▶ [Aim of the task]
Find the lines below that contain the string "which", count them, and give only the number.

Dataset entries

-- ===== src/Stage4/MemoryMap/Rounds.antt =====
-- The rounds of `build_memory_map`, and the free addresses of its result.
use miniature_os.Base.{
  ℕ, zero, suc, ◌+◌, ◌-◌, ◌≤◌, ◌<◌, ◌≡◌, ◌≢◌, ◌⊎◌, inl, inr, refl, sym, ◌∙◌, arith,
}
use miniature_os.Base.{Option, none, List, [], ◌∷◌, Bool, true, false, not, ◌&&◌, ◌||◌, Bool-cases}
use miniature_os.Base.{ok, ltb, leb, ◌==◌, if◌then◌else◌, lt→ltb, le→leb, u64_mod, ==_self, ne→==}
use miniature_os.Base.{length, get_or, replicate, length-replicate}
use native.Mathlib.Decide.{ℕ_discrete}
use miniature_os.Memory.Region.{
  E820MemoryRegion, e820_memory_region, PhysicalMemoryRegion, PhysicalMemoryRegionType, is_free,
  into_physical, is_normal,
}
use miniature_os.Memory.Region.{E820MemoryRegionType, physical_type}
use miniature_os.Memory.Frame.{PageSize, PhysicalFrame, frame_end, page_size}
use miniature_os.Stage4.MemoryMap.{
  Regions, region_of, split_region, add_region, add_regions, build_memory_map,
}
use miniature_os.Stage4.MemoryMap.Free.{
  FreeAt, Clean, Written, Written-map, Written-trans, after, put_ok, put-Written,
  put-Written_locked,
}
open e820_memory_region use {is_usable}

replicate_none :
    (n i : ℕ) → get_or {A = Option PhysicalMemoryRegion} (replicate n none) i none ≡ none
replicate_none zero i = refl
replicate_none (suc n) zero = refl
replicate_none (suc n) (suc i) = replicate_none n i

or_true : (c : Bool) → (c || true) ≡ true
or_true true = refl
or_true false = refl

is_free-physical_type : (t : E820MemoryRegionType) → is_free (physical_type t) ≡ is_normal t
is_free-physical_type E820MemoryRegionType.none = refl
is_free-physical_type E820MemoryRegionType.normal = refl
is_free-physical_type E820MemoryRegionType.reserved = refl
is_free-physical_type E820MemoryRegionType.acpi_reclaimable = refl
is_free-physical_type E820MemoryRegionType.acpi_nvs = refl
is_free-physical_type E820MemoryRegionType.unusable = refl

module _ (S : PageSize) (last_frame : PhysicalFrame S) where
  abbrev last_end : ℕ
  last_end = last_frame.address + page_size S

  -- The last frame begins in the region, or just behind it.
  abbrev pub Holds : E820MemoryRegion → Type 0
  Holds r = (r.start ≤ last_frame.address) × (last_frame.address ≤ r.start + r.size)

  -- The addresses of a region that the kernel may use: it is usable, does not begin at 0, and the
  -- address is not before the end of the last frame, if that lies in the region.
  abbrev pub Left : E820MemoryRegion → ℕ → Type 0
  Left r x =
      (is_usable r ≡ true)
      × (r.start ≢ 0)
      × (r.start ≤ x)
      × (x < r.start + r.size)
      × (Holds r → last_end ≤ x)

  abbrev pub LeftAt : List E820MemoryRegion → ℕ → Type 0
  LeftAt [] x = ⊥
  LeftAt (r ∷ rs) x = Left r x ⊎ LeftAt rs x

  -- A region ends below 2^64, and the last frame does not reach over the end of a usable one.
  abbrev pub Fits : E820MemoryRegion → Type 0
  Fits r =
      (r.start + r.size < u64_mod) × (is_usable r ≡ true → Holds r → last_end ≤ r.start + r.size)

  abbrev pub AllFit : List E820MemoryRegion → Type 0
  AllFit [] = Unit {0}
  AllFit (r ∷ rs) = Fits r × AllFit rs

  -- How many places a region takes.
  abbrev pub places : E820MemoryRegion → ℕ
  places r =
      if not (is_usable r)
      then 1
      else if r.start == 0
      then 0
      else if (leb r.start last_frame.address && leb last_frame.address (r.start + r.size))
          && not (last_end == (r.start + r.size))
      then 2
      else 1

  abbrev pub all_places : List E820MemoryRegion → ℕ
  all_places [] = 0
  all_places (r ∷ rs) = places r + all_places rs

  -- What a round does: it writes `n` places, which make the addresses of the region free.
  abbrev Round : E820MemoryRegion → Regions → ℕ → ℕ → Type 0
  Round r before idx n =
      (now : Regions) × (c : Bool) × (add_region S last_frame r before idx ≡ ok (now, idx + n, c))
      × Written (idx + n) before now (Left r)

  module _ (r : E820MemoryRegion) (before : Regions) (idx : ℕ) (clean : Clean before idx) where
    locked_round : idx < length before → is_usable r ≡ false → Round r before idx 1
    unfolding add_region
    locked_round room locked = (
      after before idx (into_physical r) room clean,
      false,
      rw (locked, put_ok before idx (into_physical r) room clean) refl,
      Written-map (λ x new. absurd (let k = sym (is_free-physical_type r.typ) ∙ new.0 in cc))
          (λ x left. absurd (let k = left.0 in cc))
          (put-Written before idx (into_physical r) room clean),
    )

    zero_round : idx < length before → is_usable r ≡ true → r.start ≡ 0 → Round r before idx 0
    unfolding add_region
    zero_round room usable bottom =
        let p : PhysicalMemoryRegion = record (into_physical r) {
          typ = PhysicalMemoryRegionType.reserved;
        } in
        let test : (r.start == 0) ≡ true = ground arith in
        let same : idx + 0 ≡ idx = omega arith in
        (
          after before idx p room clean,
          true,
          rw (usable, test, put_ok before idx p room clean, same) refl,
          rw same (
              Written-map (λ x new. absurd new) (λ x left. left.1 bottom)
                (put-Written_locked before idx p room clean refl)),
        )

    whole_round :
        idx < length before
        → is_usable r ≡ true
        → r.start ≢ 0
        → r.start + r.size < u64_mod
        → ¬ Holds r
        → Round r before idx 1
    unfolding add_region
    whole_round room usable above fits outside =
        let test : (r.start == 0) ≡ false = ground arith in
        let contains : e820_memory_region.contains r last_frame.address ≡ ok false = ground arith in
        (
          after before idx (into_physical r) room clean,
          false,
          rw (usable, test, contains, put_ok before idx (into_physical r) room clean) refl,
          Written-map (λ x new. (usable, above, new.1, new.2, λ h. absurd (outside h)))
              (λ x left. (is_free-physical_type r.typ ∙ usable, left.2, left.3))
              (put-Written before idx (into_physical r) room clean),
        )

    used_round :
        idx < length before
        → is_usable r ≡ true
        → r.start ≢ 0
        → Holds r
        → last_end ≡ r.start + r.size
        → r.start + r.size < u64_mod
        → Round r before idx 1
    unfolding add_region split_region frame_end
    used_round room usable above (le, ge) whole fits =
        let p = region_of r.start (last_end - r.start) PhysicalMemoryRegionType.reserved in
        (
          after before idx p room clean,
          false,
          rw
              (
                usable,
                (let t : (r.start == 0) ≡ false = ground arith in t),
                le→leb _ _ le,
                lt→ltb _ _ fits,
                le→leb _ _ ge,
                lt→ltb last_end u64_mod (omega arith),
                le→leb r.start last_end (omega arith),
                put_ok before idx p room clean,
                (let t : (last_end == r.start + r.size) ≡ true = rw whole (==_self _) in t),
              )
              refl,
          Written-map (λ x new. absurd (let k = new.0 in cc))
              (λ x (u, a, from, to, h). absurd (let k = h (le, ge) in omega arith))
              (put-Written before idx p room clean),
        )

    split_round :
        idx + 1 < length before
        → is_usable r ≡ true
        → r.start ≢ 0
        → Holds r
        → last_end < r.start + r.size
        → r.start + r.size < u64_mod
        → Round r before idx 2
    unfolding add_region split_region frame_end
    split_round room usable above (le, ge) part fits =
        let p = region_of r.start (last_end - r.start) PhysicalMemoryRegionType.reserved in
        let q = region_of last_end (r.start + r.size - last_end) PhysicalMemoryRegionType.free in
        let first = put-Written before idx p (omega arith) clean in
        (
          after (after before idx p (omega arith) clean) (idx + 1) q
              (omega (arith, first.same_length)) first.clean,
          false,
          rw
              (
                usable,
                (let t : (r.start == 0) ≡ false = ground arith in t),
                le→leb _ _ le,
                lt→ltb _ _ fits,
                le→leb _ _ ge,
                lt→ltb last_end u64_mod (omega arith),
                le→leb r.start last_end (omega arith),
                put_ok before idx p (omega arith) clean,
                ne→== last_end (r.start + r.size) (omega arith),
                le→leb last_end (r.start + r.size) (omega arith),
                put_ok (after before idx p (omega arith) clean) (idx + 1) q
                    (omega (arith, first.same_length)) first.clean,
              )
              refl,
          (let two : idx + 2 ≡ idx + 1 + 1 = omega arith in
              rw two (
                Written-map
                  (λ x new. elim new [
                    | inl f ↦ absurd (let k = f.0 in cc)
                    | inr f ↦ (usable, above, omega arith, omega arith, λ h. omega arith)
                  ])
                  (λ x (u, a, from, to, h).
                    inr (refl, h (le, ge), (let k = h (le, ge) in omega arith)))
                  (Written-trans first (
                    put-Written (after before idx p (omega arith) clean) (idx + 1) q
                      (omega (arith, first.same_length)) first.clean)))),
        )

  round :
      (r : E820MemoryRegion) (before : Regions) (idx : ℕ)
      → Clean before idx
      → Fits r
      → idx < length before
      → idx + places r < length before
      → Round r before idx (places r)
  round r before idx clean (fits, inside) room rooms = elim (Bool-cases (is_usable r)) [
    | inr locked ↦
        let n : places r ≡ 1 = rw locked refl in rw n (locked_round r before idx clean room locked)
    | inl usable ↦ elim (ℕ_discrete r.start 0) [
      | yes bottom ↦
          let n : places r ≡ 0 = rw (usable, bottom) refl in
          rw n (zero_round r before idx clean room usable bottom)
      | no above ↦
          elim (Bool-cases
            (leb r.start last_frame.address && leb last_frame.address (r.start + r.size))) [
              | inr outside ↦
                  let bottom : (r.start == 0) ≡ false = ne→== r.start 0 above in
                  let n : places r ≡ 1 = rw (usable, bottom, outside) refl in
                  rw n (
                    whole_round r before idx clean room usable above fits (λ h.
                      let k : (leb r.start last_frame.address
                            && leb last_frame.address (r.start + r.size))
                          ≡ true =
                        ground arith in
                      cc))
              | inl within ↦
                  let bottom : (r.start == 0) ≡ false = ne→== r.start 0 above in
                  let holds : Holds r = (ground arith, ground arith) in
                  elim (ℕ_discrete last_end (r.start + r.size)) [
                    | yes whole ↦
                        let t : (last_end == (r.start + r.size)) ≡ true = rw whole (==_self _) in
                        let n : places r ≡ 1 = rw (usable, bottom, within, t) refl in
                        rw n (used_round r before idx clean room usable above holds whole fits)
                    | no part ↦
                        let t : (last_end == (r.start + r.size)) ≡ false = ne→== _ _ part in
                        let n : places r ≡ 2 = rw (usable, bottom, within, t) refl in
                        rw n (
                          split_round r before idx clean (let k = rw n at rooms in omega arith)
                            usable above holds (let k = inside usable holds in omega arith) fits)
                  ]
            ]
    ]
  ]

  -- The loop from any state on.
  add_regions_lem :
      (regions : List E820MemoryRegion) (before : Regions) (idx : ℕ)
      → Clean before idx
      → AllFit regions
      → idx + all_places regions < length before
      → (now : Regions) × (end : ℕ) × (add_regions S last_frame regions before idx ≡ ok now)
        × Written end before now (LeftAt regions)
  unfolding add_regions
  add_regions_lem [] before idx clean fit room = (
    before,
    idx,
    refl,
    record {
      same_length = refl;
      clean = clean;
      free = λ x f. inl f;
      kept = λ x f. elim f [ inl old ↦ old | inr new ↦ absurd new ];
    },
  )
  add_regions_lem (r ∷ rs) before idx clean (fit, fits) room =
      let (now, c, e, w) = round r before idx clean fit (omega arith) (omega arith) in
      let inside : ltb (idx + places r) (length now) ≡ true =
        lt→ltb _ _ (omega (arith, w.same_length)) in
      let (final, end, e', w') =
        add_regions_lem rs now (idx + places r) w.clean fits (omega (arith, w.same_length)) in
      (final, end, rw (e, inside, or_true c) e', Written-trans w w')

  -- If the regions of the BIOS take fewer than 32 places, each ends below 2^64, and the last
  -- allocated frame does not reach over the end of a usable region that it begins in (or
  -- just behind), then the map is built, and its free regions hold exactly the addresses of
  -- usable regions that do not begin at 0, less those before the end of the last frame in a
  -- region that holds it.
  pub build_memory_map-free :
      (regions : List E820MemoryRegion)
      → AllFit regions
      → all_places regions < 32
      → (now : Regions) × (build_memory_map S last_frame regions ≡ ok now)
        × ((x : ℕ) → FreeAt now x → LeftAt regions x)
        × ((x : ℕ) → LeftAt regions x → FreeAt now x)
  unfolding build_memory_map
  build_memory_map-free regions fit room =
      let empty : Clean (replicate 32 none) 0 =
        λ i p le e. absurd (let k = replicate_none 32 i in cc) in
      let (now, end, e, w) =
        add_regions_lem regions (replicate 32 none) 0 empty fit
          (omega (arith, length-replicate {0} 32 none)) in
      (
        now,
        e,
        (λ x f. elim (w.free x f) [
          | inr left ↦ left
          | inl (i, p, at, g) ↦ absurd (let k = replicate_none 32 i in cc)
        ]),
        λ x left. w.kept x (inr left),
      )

==

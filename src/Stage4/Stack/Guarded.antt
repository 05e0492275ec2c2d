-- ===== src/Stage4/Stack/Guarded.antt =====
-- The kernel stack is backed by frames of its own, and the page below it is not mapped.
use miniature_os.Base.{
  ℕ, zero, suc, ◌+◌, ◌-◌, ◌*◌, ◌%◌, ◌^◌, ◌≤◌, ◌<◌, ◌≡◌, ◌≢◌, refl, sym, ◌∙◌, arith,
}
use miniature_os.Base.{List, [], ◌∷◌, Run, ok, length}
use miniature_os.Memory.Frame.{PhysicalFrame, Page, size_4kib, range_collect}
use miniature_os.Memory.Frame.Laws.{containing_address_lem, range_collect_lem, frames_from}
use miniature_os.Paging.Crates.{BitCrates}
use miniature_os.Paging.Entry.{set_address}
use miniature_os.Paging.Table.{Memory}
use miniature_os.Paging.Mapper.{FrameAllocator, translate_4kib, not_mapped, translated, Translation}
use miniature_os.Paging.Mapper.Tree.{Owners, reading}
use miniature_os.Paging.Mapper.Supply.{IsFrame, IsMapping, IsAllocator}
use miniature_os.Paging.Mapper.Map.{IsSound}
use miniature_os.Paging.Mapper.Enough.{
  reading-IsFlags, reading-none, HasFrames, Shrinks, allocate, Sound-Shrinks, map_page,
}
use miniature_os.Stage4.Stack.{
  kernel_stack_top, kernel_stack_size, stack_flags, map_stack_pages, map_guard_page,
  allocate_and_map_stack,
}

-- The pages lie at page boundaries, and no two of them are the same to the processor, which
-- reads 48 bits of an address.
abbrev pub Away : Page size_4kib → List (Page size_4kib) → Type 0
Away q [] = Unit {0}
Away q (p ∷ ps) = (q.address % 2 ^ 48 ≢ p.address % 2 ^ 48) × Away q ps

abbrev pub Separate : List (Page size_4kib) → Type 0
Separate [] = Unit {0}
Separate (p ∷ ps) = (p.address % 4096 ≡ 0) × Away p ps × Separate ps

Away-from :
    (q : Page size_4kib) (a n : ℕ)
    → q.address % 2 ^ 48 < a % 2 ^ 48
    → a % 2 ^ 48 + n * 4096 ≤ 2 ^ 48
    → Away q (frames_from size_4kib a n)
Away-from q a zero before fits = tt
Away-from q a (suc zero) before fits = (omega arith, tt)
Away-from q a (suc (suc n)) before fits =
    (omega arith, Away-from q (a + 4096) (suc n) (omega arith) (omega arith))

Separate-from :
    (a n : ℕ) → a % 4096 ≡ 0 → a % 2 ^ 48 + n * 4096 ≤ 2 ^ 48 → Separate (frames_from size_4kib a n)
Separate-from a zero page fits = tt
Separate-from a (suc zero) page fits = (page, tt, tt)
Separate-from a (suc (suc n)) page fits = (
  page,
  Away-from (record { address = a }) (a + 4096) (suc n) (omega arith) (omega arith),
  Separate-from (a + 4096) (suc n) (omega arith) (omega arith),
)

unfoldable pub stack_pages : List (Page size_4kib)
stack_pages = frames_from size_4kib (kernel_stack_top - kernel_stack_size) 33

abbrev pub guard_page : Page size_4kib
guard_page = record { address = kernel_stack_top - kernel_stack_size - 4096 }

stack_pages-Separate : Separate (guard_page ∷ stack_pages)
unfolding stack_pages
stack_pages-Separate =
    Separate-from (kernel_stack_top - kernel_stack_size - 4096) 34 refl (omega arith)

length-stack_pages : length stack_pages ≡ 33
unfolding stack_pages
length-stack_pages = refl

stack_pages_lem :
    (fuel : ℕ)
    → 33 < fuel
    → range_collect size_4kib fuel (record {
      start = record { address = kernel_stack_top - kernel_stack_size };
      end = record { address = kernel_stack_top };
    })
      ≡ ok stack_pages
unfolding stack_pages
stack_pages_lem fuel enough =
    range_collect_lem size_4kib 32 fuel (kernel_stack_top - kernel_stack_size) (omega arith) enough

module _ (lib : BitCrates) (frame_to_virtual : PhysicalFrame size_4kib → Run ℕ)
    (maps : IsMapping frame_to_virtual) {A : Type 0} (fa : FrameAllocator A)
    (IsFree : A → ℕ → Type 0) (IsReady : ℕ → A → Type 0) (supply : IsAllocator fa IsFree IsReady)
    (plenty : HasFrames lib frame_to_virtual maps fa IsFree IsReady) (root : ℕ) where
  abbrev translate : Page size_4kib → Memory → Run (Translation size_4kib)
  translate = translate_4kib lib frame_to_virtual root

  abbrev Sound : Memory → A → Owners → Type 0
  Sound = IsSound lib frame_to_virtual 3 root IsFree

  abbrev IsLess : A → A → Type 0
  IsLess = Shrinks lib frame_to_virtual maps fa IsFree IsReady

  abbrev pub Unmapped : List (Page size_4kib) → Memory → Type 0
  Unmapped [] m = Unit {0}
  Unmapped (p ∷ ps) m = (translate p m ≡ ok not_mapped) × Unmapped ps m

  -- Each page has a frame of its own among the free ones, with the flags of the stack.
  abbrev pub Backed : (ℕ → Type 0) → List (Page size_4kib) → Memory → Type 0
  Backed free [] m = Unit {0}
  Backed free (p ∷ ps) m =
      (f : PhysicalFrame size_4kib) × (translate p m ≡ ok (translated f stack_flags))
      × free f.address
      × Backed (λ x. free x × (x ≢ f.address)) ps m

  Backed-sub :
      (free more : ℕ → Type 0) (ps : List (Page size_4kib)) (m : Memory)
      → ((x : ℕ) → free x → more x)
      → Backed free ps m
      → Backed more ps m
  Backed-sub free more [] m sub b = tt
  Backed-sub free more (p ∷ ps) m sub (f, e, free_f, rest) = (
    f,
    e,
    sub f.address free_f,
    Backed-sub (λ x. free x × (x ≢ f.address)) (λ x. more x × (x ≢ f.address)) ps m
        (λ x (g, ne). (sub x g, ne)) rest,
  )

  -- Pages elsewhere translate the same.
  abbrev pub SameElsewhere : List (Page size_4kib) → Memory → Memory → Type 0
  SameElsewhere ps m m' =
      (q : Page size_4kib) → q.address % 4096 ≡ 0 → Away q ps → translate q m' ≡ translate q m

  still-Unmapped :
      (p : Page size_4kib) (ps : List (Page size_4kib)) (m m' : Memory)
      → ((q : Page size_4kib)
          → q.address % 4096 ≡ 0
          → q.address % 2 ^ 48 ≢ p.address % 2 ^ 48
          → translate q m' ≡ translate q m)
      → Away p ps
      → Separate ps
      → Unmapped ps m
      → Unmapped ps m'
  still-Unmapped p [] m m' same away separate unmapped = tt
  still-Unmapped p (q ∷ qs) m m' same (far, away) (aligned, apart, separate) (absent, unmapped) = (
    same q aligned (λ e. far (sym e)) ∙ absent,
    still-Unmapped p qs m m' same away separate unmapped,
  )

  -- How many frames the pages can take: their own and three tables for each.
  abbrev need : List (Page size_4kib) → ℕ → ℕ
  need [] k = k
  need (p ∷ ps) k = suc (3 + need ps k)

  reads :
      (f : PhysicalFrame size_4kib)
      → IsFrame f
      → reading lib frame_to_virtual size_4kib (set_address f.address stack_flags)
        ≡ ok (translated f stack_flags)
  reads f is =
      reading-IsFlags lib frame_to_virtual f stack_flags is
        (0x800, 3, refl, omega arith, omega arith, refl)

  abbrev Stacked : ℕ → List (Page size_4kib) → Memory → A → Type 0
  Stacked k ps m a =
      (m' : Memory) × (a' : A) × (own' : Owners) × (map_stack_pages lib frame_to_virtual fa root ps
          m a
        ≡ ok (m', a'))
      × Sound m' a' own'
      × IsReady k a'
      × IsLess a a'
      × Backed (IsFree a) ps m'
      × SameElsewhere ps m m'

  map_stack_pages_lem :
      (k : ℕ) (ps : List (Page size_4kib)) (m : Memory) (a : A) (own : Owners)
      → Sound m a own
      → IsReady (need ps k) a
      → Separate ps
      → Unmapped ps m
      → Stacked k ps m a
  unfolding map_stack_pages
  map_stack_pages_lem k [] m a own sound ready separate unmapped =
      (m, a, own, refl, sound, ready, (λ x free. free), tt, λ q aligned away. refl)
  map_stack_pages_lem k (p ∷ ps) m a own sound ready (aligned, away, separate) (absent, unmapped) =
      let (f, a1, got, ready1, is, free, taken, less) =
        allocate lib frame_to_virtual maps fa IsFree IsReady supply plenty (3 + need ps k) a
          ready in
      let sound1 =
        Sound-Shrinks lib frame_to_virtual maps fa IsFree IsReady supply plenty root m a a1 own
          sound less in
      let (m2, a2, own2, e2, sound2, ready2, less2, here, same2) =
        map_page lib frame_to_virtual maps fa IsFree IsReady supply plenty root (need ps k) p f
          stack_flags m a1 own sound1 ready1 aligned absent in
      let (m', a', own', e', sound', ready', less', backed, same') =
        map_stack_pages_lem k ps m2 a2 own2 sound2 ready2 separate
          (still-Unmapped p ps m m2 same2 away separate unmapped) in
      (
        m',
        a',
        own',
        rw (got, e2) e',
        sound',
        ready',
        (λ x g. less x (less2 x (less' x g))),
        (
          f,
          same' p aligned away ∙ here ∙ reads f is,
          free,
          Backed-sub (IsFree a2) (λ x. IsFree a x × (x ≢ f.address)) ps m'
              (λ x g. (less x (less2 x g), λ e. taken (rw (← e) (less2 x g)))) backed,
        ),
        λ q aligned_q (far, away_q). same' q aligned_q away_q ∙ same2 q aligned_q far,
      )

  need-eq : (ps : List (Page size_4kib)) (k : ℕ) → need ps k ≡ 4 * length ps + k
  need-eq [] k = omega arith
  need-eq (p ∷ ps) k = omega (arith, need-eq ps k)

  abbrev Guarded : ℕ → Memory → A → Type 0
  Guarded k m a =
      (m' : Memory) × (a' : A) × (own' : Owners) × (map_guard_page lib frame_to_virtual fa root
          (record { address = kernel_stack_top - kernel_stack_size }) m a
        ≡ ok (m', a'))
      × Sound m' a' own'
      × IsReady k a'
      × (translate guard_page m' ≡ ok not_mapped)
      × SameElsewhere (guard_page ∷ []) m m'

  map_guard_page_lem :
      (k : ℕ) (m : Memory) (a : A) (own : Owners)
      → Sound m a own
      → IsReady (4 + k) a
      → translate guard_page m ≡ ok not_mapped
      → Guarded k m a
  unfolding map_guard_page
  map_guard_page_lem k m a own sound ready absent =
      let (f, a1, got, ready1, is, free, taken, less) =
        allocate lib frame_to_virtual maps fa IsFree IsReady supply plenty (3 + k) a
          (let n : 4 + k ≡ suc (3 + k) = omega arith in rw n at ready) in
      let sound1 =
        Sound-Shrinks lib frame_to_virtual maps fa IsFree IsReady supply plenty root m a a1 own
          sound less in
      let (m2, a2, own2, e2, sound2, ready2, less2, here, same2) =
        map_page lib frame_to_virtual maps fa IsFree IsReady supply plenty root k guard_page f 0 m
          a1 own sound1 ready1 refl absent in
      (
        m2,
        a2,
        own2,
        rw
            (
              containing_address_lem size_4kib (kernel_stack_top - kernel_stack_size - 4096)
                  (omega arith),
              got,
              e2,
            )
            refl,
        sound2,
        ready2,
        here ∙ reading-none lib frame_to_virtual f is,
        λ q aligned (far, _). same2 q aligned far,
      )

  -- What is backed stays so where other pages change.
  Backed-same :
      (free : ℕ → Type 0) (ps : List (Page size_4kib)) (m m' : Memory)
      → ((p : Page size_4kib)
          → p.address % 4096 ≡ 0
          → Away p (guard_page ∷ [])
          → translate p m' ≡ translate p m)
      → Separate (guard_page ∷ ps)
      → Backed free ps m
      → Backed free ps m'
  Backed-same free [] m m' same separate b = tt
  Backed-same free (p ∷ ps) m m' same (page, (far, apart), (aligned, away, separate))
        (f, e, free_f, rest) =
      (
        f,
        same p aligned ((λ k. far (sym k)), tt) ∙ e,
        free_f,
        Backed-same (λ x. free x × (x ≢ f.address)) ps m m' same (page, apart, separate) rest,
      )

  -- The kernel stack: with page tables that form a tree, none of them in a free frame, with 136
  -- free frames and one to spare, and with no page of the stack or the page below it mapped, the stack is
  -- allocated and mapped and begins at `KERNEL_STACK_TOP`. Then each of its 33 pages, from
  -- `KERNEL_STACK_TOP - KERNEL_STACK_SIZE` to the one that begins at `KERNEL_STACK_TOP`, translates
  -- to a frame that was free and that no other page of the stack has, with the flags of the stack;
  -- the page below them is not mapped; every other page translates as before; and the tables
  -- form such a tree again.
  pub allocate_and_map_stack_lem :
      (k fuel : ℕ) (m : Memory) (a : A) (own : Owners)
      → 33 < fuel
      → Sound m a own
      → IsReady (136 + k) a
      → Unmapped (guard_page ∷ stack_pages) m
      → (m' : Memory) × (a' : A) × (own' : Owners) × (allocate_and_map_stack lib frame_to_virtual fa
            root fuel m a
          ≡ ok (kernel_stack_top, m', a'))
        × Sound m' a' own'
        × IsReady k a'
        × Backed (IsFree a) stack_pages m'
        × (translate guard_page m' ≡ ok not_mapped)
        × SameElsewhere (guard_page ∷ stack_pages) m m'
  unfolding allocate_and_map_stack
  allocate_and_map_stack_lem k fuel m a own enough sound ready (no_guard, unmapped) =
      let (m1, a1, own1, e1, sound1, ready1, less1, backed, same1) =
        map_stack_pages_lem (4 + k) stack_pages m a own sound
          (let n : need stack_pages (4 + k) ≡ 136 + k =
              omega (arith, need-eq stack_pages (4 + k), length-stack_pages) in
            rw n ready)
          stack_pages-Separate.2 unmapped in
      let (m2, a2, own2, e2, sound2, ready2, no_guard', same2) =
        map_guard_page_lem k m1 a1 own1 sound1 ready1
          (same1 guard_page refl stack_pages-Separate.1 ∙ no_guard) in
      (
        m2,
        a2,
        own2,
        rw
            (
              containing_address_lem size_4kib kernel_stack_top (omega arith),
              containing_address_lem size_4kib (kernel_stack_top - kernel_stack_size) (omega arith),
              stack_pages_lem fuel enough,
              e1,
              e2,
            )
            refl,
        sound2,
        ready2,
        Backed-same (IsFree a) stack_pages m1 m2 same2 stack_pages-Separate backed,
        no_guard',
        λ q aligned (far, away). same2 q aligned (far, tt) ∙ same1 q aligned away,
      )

▶ [Response below]
2